Please return each record exactly as it stands.

(Stored data)

******************************

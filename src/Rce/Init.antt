-- ===== src/Rce/Init.antt =====
-- src/rce.c: rce_init, which opens the socket of remote command entry. What the system answers is an
-- argument.
use kindle_launchpad.Base.{
  ℕ, ◌%◌, ◌≤◌, ◌≡◌, ◌↔◌, Bool, true, not, Option, none, some, ltb, if◌then◌else◌, arith,
}
use kindle_launchpad.Rce.Config.{Rce}

-- The descriptor that socket() gives, and whether setsockopt() succeeds for SO_REUSEADDR, bind(), and
-- setsockopt() for IP_ADD_MEMBERSHIP.
pub record Answers : Type 0 where
  pub recv_s : Option ℕ
  pub reuseaddr : Bool
  pub bound : Bool
  pub add_membership : Bool

-- The first byte of the group's address, which is in network order, is under 224.
abbrev pub doing_unicast : Rce → Bool
doing_unicast r = ltb (r.mc_group % 256) 224

abbrev join_group : Bool → Answers → ℕ → Option ℕ
join_group unicast a s =
    if not a.reuseaddr
    then none
    else if not a.bound
    then none
    else if not unicast
    then if not a.add_membership then none else some s
    else none

abbrev with_socket : Rce → Answers → Option ℕ → Option ℕ
with_socket r a none = none
with_socket r a (some s) = join_group (doing_unicast r) a s

-- `none` is -1.
unfoldable pub rce_init : Rce → Answers → Option ℕ
rce_init r a = with_socket r a a.recv_s

-- A socket is given if and only if the group is a multicast address and every call of the system
-- succeeds: with an address below 224.0.0.0 the result is always -1, so that no remote command is
-- ever received on it.
pub rce_init_iff :
    (r : Rce) (a : Answers) (s : ℕ)
    → (rce_init r a ≡ some s) ↔ (
        (a.recv_s ≡ some s)
        × (a.reuseaddr ≡ true)
        × (a.bound ≡ true)
        × (a.add_membership ≡ true)
        × (224 ≤ r.mc_group % 256))
unfolding rce_init
rce_init_iff r a s =
    elim a.recv_s
      as (λ o. (with_socket r a o ≡ some s) ↔ (
        (o ≡ some s)
        × (a.reuseaddr ≡ true)
        × (a.bound ≡ true)
        × (a.add_membership ≡ true)
        × (224 ≤ r.mc_group % 256))) [ none ↦ ground arith | some t ↦ ground arith ]
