-- ===== src/Screen.antt =====
-- src/screen.c, src/statusbar.c and src/font.c: text and the status bar on the screen.
pub mod Font
pub mod Area
pub mod Bar
pub mod Drawing
pub mod RoundTrip
pub mod Session
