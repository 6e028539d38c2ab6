-- ===== src/Screen/Font.antt =====
-- src/font.c: get_char_pixmap. The bytes of the font are an argument; those of include/fnt12x22.h are
-- 256 characters of 132 bytes.
use kindle_launchpad.Base.{ℕ, ◌+◌, ◌-◌, ◌*◌, ◌/◌, ◌%◌, ◌||◌, ltb, if◌then◌else◌, Bytes, drop}
use kindle_launchpad.Pixop.Surface.{Pixmap}

abbrev pub fnt_width : ℕ
fnt_width = 12

abbrev pub fnt_height : ℕ
fnt_height = 22

-- `nbytesperchar`, `code_first` and `code_last` of the font that the program starts with
abbrev pub nbytesperchar : ℕ
nbytesperchar = fnt_height * ((fnt_width + 1) * 4 / 8)

abbrev pub code_first : ℕ
code_first = 0

abbrev pub code_last : ℕ
code_last = 255

-- `code &= 0xff`, and the first code for one that the font has not.
abbrev pub in_font : ℕ → ℕ
in_font code = if ltb code code_first || ltb code_last code then code_first else code

-- The surface is the font from the character on.
unfoldable pub get_char_pixmap : Bytes → ℕ → Pixmap
get_char_pixmap font code = record {
  width = fnt_width;
  height = fnt_height;
  surf = drop ((in_font (code % 256) - code_first) * nbytesperchar) font;
}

******************************

RESPONSE BOX →
filename src/Rce/Init.antt
-- ===== src/Rce/Init.antt =====
-- src/rce.c: rce_init, which opens the socket of remote command entry. What the system answers is an
-- argument.
use kindle_launchpad.Base.{
  ℕ, ◌%◌, ◌≤◌, ◌≡◌, ◌↔◌, Bool, true, not, Option, none, some, ltb, if◌then◌else◌, arith,
}
use kindle_launchpad.Rce.Config.{Rce}

-- The descriptor that socket() gives, and whether setsockopt() succeeds for SO_REUSEADDR, bind(), and
-- setsockopt() for IP_ADD_MEMBERSHIP.
pub record Answers : Type 0 where
  pub recv_s : Option ℕ
  pub reuseaddr : Bool
  pub bound : Bool
  pub add_membership : Bool

-- The first byte of the group's address, which is in network order, is under 224.
abbrev pub doing_unicast : Rce → Bool
doing_unicast r = ltb (r.mc_group % 256) 224

abbrev join_group : Bool → Answers → ℕ → Option ℕ
join_group unicast a s =
    if not a.reuseaddr
    then none
    else if not a.bound
    then none
    else if not unicast
    then if not a.add_membership then none else some s
    else none

abbrev with_socket : Rce → Answers → Option ℕ → Option ℕ
with_socket r a none = none
with_socket r a (some s) = join_group (doing_unicast r) a s

-- `none` is -1.
unfoldable pub rce_init : Rce → Answers → Option ℕ
rce_init r a = with_socket r a a.recv_s

-- A socket is given if and only if the group is a multicast address and every call of the system
-- succeeds: with an address below 224.0.0.0 the result is always -1, so that no remote command is
-- ever received on it.
pub rce_init_iff :
    (r : Rce) (a : Answers) (s : ℕ)
    → (rce_init r a ≡ some s) ↔ (
        (a.recv_s ≡ some s)
        × (a.reuseaddr ≡ true)
        × (a.bound ≡ true)
        × (a.add_membership ≡ true)
        × (224 ≤ r.mc_group % 256))
unfolding rce_init
rce_init_iff r a s =
    elim a.recv_s
      as (λ o. (with_socket r a o ≡ some s) ↔ (
        (o ≡ some s)
        × (a.reuseaddr ≡ true)
        × (a.bound ≡ true)
        × (a.add_membership ≡ true)
        × (224 ≤ r.mc_group % 256))) [ none ↦ ground arith | some t ↦ ground arith ]
-- ===== src/Screen.antt =====
-- src/screen.c, src/statusbar.c and src/font.c: text and the status bar on the screen.
pub mod Font
pub mod Area
pub mod Bar
pub mod Drawing
pub mod RoundTrip
pub mod Session
repository 6e028539d38c2ab6
-- ===== src/Screen/Font.antt =====
-- src/font.c: get_char_pixmap. The bytes of the font are an argument; those of include/fnt12x22.h are
-- 256 characters of 132 bytes.
use kindle_launchpad.Base.{ℕ, ◌+◌, ◌-◌, ◌*◌, ◌/◌, ◌%◌, ◌||◌, ltb, if◌then◌else◌, Bytes, drop}
use kindle_launchpad.Pixop.Surface.{Pixmap}

abbrev pub fnt_width : ℕ
fnt_width = 12

abbrev pub fnt_height : ℕ
fnt_height = 22

-- `nbytesperchar`, `code_first` and `code_last` of the font that the program starts with
abbrev pub nbytesperchar : ℕ
nbytesperchar = fnt_height * ((fnt_width + 1) * 4 / 8)

abbrev pub code_first : ℕ
code_first = 0

abbrev pub code_last : ℕ
code_last = 255

-- `code &= 0xff`, and the first code for one that the font has not.
abbrev pub in_font : ℕ → ℕ
in_font code = if ltb code code_first || ltb code_last code then code_first else code

-- The surface is the font from the character on.
unfoldable pub get_char_pixmap : Bytes → ℕ → Pixmap
get_char_pixmap font code = record {
  width = fnt_width;
  height = fnt_height;
  surf = drop ((in_font (code % 256) - code_first) * nbytesperchar) font;
}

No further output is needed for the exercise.